I need to find the domain of f, the excluded values of f, the domain of (fg)(x); find (f+g)(-5), (f-g)(x), and (fg)(x) to the problem of:
Let f(x)=(7x+1)/(3x+2) and g(x)=6x+5.
excluded values for the domain of f: when 3x+2 = 0
Otherwise the domain of f and g is all reals.

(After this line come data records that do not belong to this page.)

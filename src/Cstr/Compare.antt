-- ===== src/Cstr/Compare.antt =====
-- Comparing, searching and changing the case of strings.
use waifu_os.Prelude.{
  ℕ, zero, suc, ◌+◌, ◌≤◌, ◌<◌, ◌≡◌, refl, ◌≢◌, ◌↔◌, inl, inr, true, Option, none, some, [], ◌∷◌,
  arith, ◌==◌, ==_iff, Bool-cases, length,
}
use mathlib.Core.Path.{subst}
use waifu_os.Cstr.{
  CString, char_at, strcmp_length, strcmp, lower_char, upper_char, to_lower, to_upper,
  index_of_loop, index_of,
}

strcmp_length-true :
    (s t : CString) (rounds x j : ℕ)
    → strcmp_length s t rounds x ≡ true
    → x ≤ j
    → j < x + rounds
    → char_at s j ≡ char_at t j
unfolding strcmp_length
strcmp_length-true s t zero x j h low high = absurd (omega arith)
strcmp_length-true s t (suc rounds) x j h low high =
    elim (Bool-cases (char_at s x == char_at t x)) [
      | inr differ ↦ absurd (ground arith)
      | inl same ↦ elim (Bool-cases (j == x)) [
        | inl here ↦
            let e : j ≡ x = (==_iff j x).0 here in
            rw e ((==_iff (char_at s x) (char_at t x)).0 same)
        | inr there ↦
            let rest : strcmp_length s t rounds (x + 1) ≡ true = ground arith in
            strcmp_length-true s t rounds (x + 1) j rest (ground arith) (omega arith)
      ]
    ]

same_characters :
    (s t : CString)
    → length s ≡ length t
    → ((j : ℕ) → j < length s → char_at s j ≡ char_at t j)
    → s ≡ t
same_characters [] [] e h = refl
same_characters [] (d ∷ t) e h = absurd (omega arith)
same_characters (c ∷ s) [] e h = absurd (omega arith)
same_characters (c ∷ s) (d ∷ t) e h =
    let first : c ≡ d = h 0 (omega arith) in
    let rest : s ≡ t = same_characters s t (omega arith) (λ j l. h (suc j) (omega arith)) in
    cc (first, rest)

strcmp_length_refl : (s : CString) (rounds x : ℕ) → strcmp_length s s rounds x ≡ true
unfolding strcmp_length
strcmp_length_refl s zero x = refl
strcmp_length_refl s (suc rounds) x =
    rw ((==_iff (char_at s x) (char_at s x)).1 refl) (strcmp_length_refl s rounds (x + 1))

-- `strcmp` is true exactly for equal strings.
pub strcmp_iff : (s t : CString) → (strcmp s t ≡ true) ↔ (s ≡ t)
unfolding strcmp
strcmp_iff s t = (
  (λ h. elim (Bool-cases (length s == length t)) [
    | inr differ ↦ absurd (ground arith)
    | inl same ↦
        let e : length s ≡ length t = (==_iff (length s) (length t)).0 same in
        let all : strcmp_length s t (length s) 0 ≡ true = ground arith in
        same_characters s t e
          (λ j l. strcmp_length-true s t (length s) 0 j all (omega arith) (omega arith))
  ]),
  λ e. rw (← e, (==_iff (length s) (length s)).1 refl) (strcmp_length_refl s (length s) 0),
)

-- `IndexOf` finds the first of the `len` places that holds the character, and -1 if none does.
pub data Found (str : CString) (character len : ℕ) (r : Option ℕ) : Type 0 where
  at :
      (i : ℕ)
      → r ≡ some i
      → i < len
      → char_at str i ≡ character
      → ((j : ℕ) → j < i → char_at str j ≢ character)
      → Found str character len r
  nowhere : r ≡ none → ((j : ℕ) → j < len → char_at str j ≢ character) → Found str character len r

index_of_loop-Found :
    (str : CString) (character rounds x : ℕ)
    → ((j : ℕ) → j < x → char_at str j ≢ character)
    → Found str character (x + rounds) (index_of_loop str character rounds x)
unfolding index_of_loop
index_of_loop-Found str character zero x h = nowhere refl (λ j l. h j (omega arith))
index_of_loop-Found str character (suc rounds) x h =
    elim (Bool-cases (char_at str x == character)) [
      | inl hit ↦ rw hit (at x refl (omega arith) ((==_iff (char_at str x) character).0 hit) h)
      | inr miss ↦
          let next = index_of_loop-Found str character rounds (x + 1) (λ j l.
            elim (Bool-cases (j == x)) [
              | inl here ↦ let e : j ≡ x = (==_iff j x).0 here in rw e (ground arith)
              | inr there ↦ h j (ground arith)
            ]) in
          let count : x + 1 + rounds ≡ x + suc rounds = omega arith in rw (miss, ← count) next
    ]

-- `IndexOf` returns the first of the `len` places that holds the character, and -1 where none does.
pub index_of-Found :
    (str : CString) (character len : ℕ) → Found str character len (index_of str character len)
unfolding index_of
index_of-Found str character len =
    let count : 0 + len ≡ len = omega arith in
    subst (λ (n : ℕ). Found str character n (index_of_loop str character len 0)) count
      (index_of_loop-Found str character len 0 (λ j l. absurd (omega arith)))

lower_twice : (c : ℕ) → lower_char (lower_char c) ≡ lower_char c
lower_twice c = ground arith

lower_upper : (c : ℕ) → lower_char (upper_char c) ≡ lower_char c
lower_upper c = ground arith

to_lower_twice : (str : CString) → to_lower (to_lower str) ≡ to_lower str
unfolding to_lower
to_lower_twice [] = refl
to_lower_twice (c ∷ str) = rw (lower_twice c, to_lower_twice str) refl

to_lower_upper : (str : CString) → to_lower (to_upper str) ≡ to_lower str
unfolding to_lower to_upper
to_lower_upper [] = refl
to_lower_upper (c ∷ str) = rw (lower_upper c, to_lower_upper str) refl

-- `ToLower` after `ToUpper` is `ToLower`, and `ToLower` twice is `ToLower` once.
pub to_lower-to_upper :
    (str : CString)
    → (to_lower (to_upper str) ≡ to_lower str) × (to_lower (to_lower str) ≡ to_lower str)
to_lower-to_upper str = (to_lower_upper str, to_lower_twice str)
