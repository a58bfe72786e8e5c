-- ===== src/Cstr/Copy.antt =====
-- Kernel/src/string.asm: `strncpy`. The register `al` has the low byte of the destination's address
-- before the first round, so nothing is copied where that is 0.
use waifu_os.Prelude.{ℕ, zero, suc, ◌+◌, ◌%◌, ◌==◌, if◌then◌else◌}
use waifu_os.Cstr.{Buffer, write}

-- The rounds in which `al` is not zero: each copies a character, the zero included.
unfoldable pub strncpy_loop : Buffer → Buffer → (rounds rcx : ℕ) → Buffer
strncpy_loop dest src zero rcx = dest
strncpy_loop dest src (suc rounds) rcx =
    let rest = strncpy_loop (write dest rcx (src rcx)) src rounds (rcx + 1) in
    if src rcx == 0 then write dest rcx 0 else rest

-- `strncpy`: `dest_address` is the address of `dest`.
unfoldable pub strncpy : ℕ → Buffer → Buffer → ℕ → Buffer
strncpy dest_address dest src max =
    if (dest_address % 0x100) == 0 then dest else strncpy_loop dest src max 0
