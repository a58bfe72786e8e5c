-- ===== src/Cstr/Numbers.antt =====
-- Numbers as strings, in cstr.cpp: a 64-bit word stands for the `int64` of the same bits.
use waifu_os.Prelude.{
  ℕ, zero, suc, ◌+◌, ◌-◌, ◌/◌, ◌%◌, ◌^◌, Bool, ◌&&◌, ◌||◌, [], ◌∷◌, ◌++◌, ltb, leb, ◌==◌,
  if◌then◌else◌, length, drop, u8, u64, add64, sub64, mul64,
}
use waifu_os.Cstr.{CString, reverse, char_at, extend_char}

-- `num < 0`
abbrev pub is_negative : ℕ → Bool
is_negative num = leb (2 ^ 63) num

-- `num *= -1` on 64 bits.
abbrev pub negate : ℕ → ℕ
negate num = u64 (2 ^ 64 - num)

-- `num % 10` and `num / 10` on an `int64`: both keep the sign of `num`.
abbrev pub signed_mod10 : ℕ → ℕ
signed_mod10 num = if is_negative num then negate (negate num % 10) else num % 10

abbrev pub signed_div10 : ℕ → ℕ
signed_div10 num = if is_negative num then negate (negate num / 10) else num / 10

-- The loop of `_ToStr`: the digits, the lowest first. A word has at most twenty.
unfoldable pub to_str_loop : ℕ → ℕ → CString
to_str_loop zero num = []
to_str_loop (suc fuel) num =
    let rest = to_str_loop fuel (signed_div10 num) in
    if num == 0 then [] else u8 (add64 (signed_mod10 num) 0x30) ∷ rest

-- `_ToStr`: -2^63 stays negative, and its digits are negative then.
unfoldable pub to_str : ℕ → CString
to_str num =
    if num == 0
    then 0x30 ∷ []
    else if is_negative num
    then 0x2D ∷ reverse (to_str_loop 20 (negate num))
    else reverse (to_str_loop 20 num)

-- `(val > 9) ? val + 0x37 : val + 0x30`
abbrev pub hex_char : ℕ → ℕ
hex_char val = if ltb 9 val then val + 0x37 else val + 0x30

-- The loop of `_ToHex`.
unfoldable pub to_hex_loop : ℕ → ℕ → CString
to_hex_loop zero num = []
to_hex_loop (suc fuel) num =
    let rest = to_hex_loop fuel (num / 0x10) in
    if num == 0 then [] else hex_char (num % 0x10) ∷ rest

-- `_ToHex`: a number of one digit leaves the zero that stands at `buffer[1]`.
unfoldable pub to_hex : ℕ → CString
to_hex num =
    if num == 0
    then 0x30 ∷ 0x78 ∷ 0x30 ∷ 0x30 ∷ []
    else if ltb num 0x10
    then 0x30 ∷ 0x78 ∷ reverse (to_hex_loop 16 num ++ 0x30 ∷ [])
    else 0x30 ∷ 0x78 ∷ reverse (to_hex_loop 16 num)

-- `ToString`
unfoldable pub to_string : ℕ → Bool → CString
to_string num hex = if hex then to_hex num else to_str num

-- The loop of `_ToIntBase10`.
unfoldable pub base10_loop : CString → ℕ → ℕ
base10_loop [] value = value
base10_loop (c ∷ str) value =
    base10_loop str (sub64 (add64 (mul64 value 10) (extend_char 64 c)) 0x30)

-- `_ToIntBase10`
unfoldable pub to_int_base10 : CString → ℕ
to_int_base10 str =
    if char_at str 0 == 0x2D then negate (base10_loop (drop 1 str) 0) else base10_loop str 0

-- The loop of `_ToIntBase16`.
unfoldable pub base16_loop : CString → ℕ → ℕ
base16_loop [] value = value
base16_loop (c ∷ str) value = base16_loop str (
    sub64 (add64 (mul64 value 0x10) (extend_char 64 c))
      (if ltb 0x39 c && ltb c 0x80 then 0x37 else 0x30))

abbrev pub has_prefix : CString → Bool
has_prefix str =
    leb 2 (length str)
    && ((char_at str 0 == 0x30) && ((char_at str 1 == 0x78) || (char_at str 1 == 0x58)))

-- `_ToIntBase16`
unfoldable pub to_int_base16 : CString → ℕ
to_int_base16 str = if has_prefix str then base16_loop (drop 2 str) 0 else base16_loop str 0

-- `ToInt`
unfoldable pub to_int : CString → Bool → ℕ
to_int str hex = if hex then to_int_base16 str else to_int_base10 str
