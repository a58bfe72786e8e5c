-- ===== src/Cstr/Decimal.antt =====
-- Decimal numbers: `ToInt` reads what `ToString` writes.
use waifu_os.Prelude.{
  ℕ, zero, suc, ◌+◌, ◌/◌, ◌%◌, ◌^◌, ◌≤◌, ◌<◌, ◌≡◌, refl, sym, inl, inr, false, [], ◌∷◌, ◌++◌, arith,
  ltb, ◌==◌, ==_iff, ◌*◌, u8, Bool-cases, length, All, add64, sub64, mul64,
}
use mathlib.Core.Path.{subst}
use native.Mathlib.Nat.{pow-suc}
use waifu_os.Cstr.{CString, extend_char, char_at, reverse_loop, reverse}
use waifu_os.Cstr.Numbers.{
  is_negative, negate, signed_div10, to_str_loop, to_str, to_string, base10_loop, to_int_base10,
  to_int,
}
use waifu_os.Cstr.Buffers.{reverse_loop-append}

abbrev step10 : ℕ → ℕ → ℕ
step10 value c = sub64 (add64 (mul64 value 10) (extend_char 64 c)) 0x30

base10_loop-append :
    (str : CString) (c value : ℕ)
    → base10_loop (str ++ c ∷ []) value ≡ step10 (base10_loop str value) c
unfolding base10_loop
base10_loop-append [] c value = refl
base10_loop-append (d ∷ str) c value = base10_loop-append str c (step10 value d)

-- A round of the loop for a number that is not negative.
to_str_loop-round :
    (fuel num : ℕ)
    → num < 2 ^ 63
    → (num == 0) ≡ false
    → to_str_loop (suc fuel) num ≡ (num % 10 + 0x30) ∷ to_str_loop fuel (num / 10)
unfolding to_str_loop
to_str_loop-round fuel num h more =
    let positive : is_negative num ≡ false = ground arith in
    let digit : u8 (add64 (num % 10) 0x30) ≡ num % 10 + 0x30 = omega arith in
    rw (more, positive, digit) refl

reads_digit :
    (value digit : ℕ)
    → digit < 10
    → value * 10 + digit < 2 ^ 64
    → step10 value (digit + 0x30) ≡ value * 10 + digit
reads_digit value digit h small = ground arith

-- Enough digits for the number.
reads_digits :
    (fuel num : ℕ)
    → num < 10 ^ fuel
    → num < 2 ^ 63
    → base10_loop (reverse_loop (to_str_loop fuel num) []) 0 ≡ num
unfolding to_str_loop reverse_loop base10_loop
reads_digits zero num h small = omega arith
reads_digits (suc fuel) num h small = elim (Bool-cases (num == 0)) [
  | inl nil ↦ rw nil (ground arith)
  | inr more ↦
      rw
        (
          to_str_loop-round fuel num small more,
          reverse_loop-append (to_str_loop fuel (num / 10)) ((num % 10 + 0x30) ∷ []),
          base10_loop-append (reverse_loop (to_str_loop fuel (num / 10)) []) (num % 10 + 0x30) 0,
          reads_digits fuel (num / 10) (omega (arith, pow-suc 10 fuel)) (omega arith),
          reads_digit (num / 10) (num % 10) (omega arith) (omega arith),
        )
        (omega arith)
]

length-to_str_loop : (fuel num : ℕ) → length (to_str_loop fuel num) ≤ fuel
unfolding to_str_loop
length-to_str_loop zero num = omega arith
length-to_str_loop (suc fuel) num = elim (Bool-cases (num == 0)) [
  | inl nil ↦ rw nil (omega arith)
  | inr more ↦ rw more (omega (arith, length-to_str_loop fuel (signed_div10 num)))
]

IsDigits : CString → Type 0
IsDigits str = All (λ c. 0x30 ≤ c) str

to_str_loop-IsDigits : (fuel num : ℕ) → num < 2 ^ 63 → IsDigits (to_str_loop fuel num)
unfolding to_str_loop IsDigits
to_str_loop-IsDigits zero num h = tt
to_str_loop-IsDigits (suc fuel) num h = elim (Bool-cases (num == 0)) [
  | inl nil ↦ rw nil tt
  | inr more ↦
      subst IsDigits (sym (to_str_loop-round fuel num h more))
        (omega arith, to_str_loop-IsDigits fuel (num / 10) (omega arith))
]

reverse_loop-IsDigits :
    (str acc : CString) → IsDigits str → IsDigits acc → IsDigits (reverse_loop str acc)
unfolding reverse_loop IsDigits
reverse_loop-IsDigits [] acc h g = g
reverse_loop-IsDigits (c ∷ str) acc h g = reverse_loop-IsDigits str (c ∷ acc) h.1 (h.0, g)

no_sign : (str : CString) → IsDigits str → (char_at str 0 == 0x2D) ≡ false
unfolding IsDigits
no_sign [] h = refl
no_sign (c ∷ str) h = let low = h.0 in ground arith

short_reverse : (num : ℕ) → reverse (to_str_loop 20 num) ≡ reverse_loop (to_str_loop 20 num) []
unfolding reverse
short_reverse num =
    let short : ltb 255 (length (to_str_loop 20 num)) ≡ false =
      ground (arith, length-to_str_loop 20 num) in
    rw short refl

digits_no_sign :
    (num : ℕ) → num < 2 ^ 63 → (char_at (reverse_loop (to_str_loop 20 num) []) 0 == 0x2D) ≡ false
unfolding IsDigits
digits_no_sign num h =
    no_sign _ (reverse_loop-IsDigits (to_str_loop 20 num) [] (to_str_loop-IsDigits 20 num h) tt)

-- The text of -2^63 is no decimal number, since its digits are negative, but `ToInt` reads it right.
smallest_number : to_int (to_string (2 ^ 63) false) false ≡ 2 ^ 63
unfolding to_int to_string to_int_base10 to_str to_str_loop base10_loop reverse reverse_loop
smallest_number = refl

-- `ToInt(ToString(num))` is `num` for each number of 64 bits, negative ones included. That holds of
-- -2^63 too, whose text is a minus sign and characters that are no digits.
pub to_int-to_string : (num : ℕ) → num < 2 ^ 64 → to_int (to_string num false) false ≡ num
unfolding to_int to_string to_int_base10 to_str base10_loop
to_int-to_string num h = elim (Bool-cases (num == 0)) [
  | inl nil ↦ rw nil (ground arith)
  | inr more ↦ elim (Bool-cases (num == 2 ^ 63)) [
    | inl smallest ↦
        subst (λ (x : ℕ). to_int (to_string x false) false ≡ x)
          (sym ((==_iff num (2 ^ 63)).0 smallest)) smallest_number
    | inr other ↦ elim (Bool-cases (is_negative num)) [
      | inl negative ↦
          rw
            (
              more,
              negative,
              short_reverse (negate num),
              reads_digits 20 (negate num) (omega arith) (ground arith),
            )
            (ground arith)
      | inr positive ↦
          rw
            (
              more,
              positive,
              short_reverse num,
              digits_no_sign num (ground arith),
              reads_digits 20 num (omega arith) (ground arith),
            )
            refl
    ]
  ]
]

f+/-g = (x+1)/(3x+2) +/- (6x+5), so same domain as f.
fg = (7x+1)(6x+5)/(3x+2), so the domain is the same as that of f
(f+g)(-5) = f(-5)+g(-5) = -34/-13 - 25
To find the domain of a function, you need to determine the set of all possible input values for which the function is defined.
1. Domain of f(x):
In this case, f(x) is a rational function. For a rational function, the domain will exclude any values of x that would result in division by zero. So, to find the domain of f(x), we need to determine the values of x where the denominator of f(x) is equal to zero.
The denominator of f(x) is 3x + 2. To find the values of x that make the denominator zero, we set 3x + 2 = 0 and solve for x:
3x + 2 = 0
3x = -2
x = -2/3
Therefore, the value x = -2/3 is the only value that would make the denominator zero. So, the domain of f(x) will exclude x = -2/3. Therefore, the domain of f(x) is all real numbers except x = -2/3.
2. Excluded values of f(x):
As mentioned above, the value x = -2/3 is excluded from the domain of f(x) because it would result in division by zero. So, x = -2/3 is the excluded value for f(x).
3. Domain of (fg)(x):
To find the domain of the composition of two functions, (fg)(x), we need to find the values of x that make both f(x) and g(x) defined.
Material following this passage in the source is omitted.